(Stored records)
- - -

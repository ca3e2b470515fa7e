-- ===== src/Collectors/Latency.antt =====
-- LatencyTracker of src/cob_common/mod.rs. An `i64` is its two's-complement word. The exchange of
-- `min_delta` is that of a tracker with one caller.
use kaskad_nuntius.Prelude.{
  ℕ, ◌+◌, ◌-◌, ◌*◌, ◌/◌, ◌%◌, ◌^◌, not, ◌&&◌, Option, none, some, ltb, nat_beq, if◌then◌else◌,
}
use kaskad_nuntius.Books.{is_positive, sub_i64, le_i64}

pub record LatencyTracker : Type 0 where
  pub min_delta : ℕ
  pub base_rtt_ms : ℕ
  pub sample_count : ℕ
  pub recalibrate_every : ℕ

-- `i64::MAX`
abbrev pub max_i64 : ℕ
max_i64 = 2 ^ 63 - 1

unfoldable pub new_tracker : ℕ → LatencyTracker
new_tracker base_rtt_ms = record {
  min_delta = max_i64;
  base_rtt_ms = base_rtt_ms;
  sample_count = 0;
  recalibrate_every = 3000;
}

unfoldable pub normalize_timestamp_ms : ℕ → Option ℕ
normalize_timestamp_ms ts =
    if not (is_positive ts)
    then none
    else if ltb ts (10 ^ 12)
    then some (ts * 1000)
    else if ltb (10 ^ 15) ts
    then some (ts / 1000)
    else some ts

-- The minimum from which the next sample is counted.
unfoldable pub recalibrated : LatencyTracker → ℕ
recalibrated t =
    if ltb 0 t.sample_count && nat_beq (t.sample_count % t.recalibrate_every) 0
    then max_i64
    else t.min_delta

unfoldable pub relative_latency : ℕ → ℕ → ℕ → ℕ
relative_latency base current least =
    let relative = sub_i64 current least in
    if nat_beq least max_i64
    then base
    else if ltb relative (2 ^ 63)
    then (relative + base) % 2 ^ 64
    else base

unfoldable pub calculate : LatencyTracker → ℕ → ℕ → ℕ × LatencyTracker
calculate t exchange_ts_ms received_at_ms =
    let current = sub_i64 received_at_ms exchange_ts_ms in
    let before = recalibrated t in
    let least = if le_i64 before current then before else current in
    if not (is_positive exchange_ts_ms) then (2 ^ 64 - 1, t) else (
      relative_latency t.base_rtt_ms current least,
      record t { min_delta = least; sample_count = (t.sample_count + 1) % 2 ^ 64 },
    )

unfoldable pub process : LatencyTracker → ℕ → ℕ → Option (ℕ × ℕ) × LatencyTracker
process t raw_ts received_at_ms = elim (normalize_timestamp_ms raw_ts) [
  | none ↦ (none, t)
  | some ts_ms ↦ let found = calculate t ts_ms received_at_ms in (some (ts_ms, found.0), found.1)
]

- - -

**Exercise aim**
Which of the lines above include the word "Option"? List those lines.

**Reply**
  ℕ, ◌+◌, ◌-◌, ◌*◌, ◌/◌, ◌%◌, ◌^◌, not, ◌&&◌, Option, none, some, ltb, nat_beq, if◌then◌else◌,
unfoldable pub normalize_timestamp_ms : ℕ → Option ℕ
unfoldable pub process : LatencyTracker → ℕ → ℕ → Option (ℕ × ℕ) × LatencyTracker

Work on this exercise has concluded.